## What the task asks
Each line of the entries below that includes "positive" belongs in your answer.

[Stored items]
[Start of section]
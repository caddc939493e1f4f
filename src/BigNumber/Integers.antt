-- ===== src/BigNumber/Integers.antt =====
-- Integers alone have the promised properties, so the promises can be met.
use ultron.Prelude.{
  ℕ, suc, ◌/◌, ◌<◌, ◌*◌, ◌≤◌, ◌≡◌, ◌-◌, ap, refl, true, [], ◌∷◌, arith, if◌then◌else◌, ◌==◌,
}
use native.Mathlib.Nat.{mul-div_cancel}
use ultron.Prelude.Int.{ℤ, pos, negsuc, ◌+ℤ◌, ◌-ℤ◌, ◌*ℤ◌, ltb_ℤ, pos_part}
use ultron.Text.{Text, all}
use ultron.Text.Number.{negate}
use ultron.Text.Radix.{digits, value, value_from, is_digit_of}
use ultron.BigNumber.{BigNumber, IsExact}

abbrev read_signed : ℕ → Text → ℤ
read_signed base [] = pos 0
read_signed base (c ∷ s) = if c == b'-' then negate (value base s) else pos (value base (c ∷ s))

read_signed-value :
    (base : ℕ) (s : Text)
    → base ≤ 36
    → all (is_digit_of base) s ≡ true
    → read_signed base s ≡ pos (value base s)
unfolding value value_from
read_signed-value base [] k h = refl
read_signed-value base (c ∷ s) k h = ground arith

-- Division rounds towards zero, by a divisor that is not negative.
abbrev divide : ℤ → ℤ → ℤ
divide (pos n) y = pos (n / pos_part y)
divide (negsuc n) y = negate (suc n / pos_part y)

times-pos : (m n : ℕ) → pos m *ℤ pos n ≡ pos (m * n)
unfolding ◌*ℤ◌
times-pos m n = ground arith

times-negsuc : (m n : ℕ) → 0 < n → negsuc m *ℤ pos n ≡ negsuc (suc m * n - 1)
unfolding ◌*ℤ◌
times-negsuc m n h = grind arith

positive : (m n : ℕ) → 0 < n → suc (suc m * n - 1) ≡ suc m * n
positive m n h = grind arith

divide-times : (x : ℤ) (n : ℕ) → 0 < n → divide (x *ℤ pos n) (pos n) ≡ x
divide-times (pos m) n h = rw (times-pos m n) (ap pos (mul-div_cancel m h))
divide-times (negsuc m) n h =
    rw (times-negsuc m n h, positive m n h) (ap negate (mul-div_cancel (suc m) h))

abbrev pub integers : BigNumber
integers = record {
  Big = ℤ;
  of_text = λ base s. read_signed base s;
  times = ◌*ℤ◌;
  divided_by = λ x y. divide x y;
  to_number = pos_part;
  to_text = λ base x. elim x [ pos n ↦ digits base n | negsuc n ↦ b'-' ∷ digits base (suc n) ];
  plus = ◌+ℤ◌;
  minus = ◌-ℤ◌;
  round = λ x. x;
  is_negative = λ x. ltb_ℤ x (pos 0);
}

pub integers-IsExact : IsExact integers
integers-IsExact = record {
  of_int = λ x. x;
  of_text-value = λ base s h k l m. read_signed-value base s k m;
  of_text-negative = λ base s h k l m. refl;
  to_number_lem = λ n h. refl;
  to_text-digits = λ base n h k. refl;
  plus_lem = λ x y. refl;
  minus_lem = λ x y. refl;
  round_lem = λ x. refl;
  is_negative_lem = λ x. refl;
  times_lem = λ x y. refl;
  divided_by_lem = divide-times;
}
[End of section]
## Task answer
positive : (m n : ℕ) → 0 < n → suc (suc m * n - 1) ≡ suc m * n
positive m n h = grind arith
    rw (times-negsuc m n h, positive m n h) (ap negate (mul-div_cancel (suc m) h))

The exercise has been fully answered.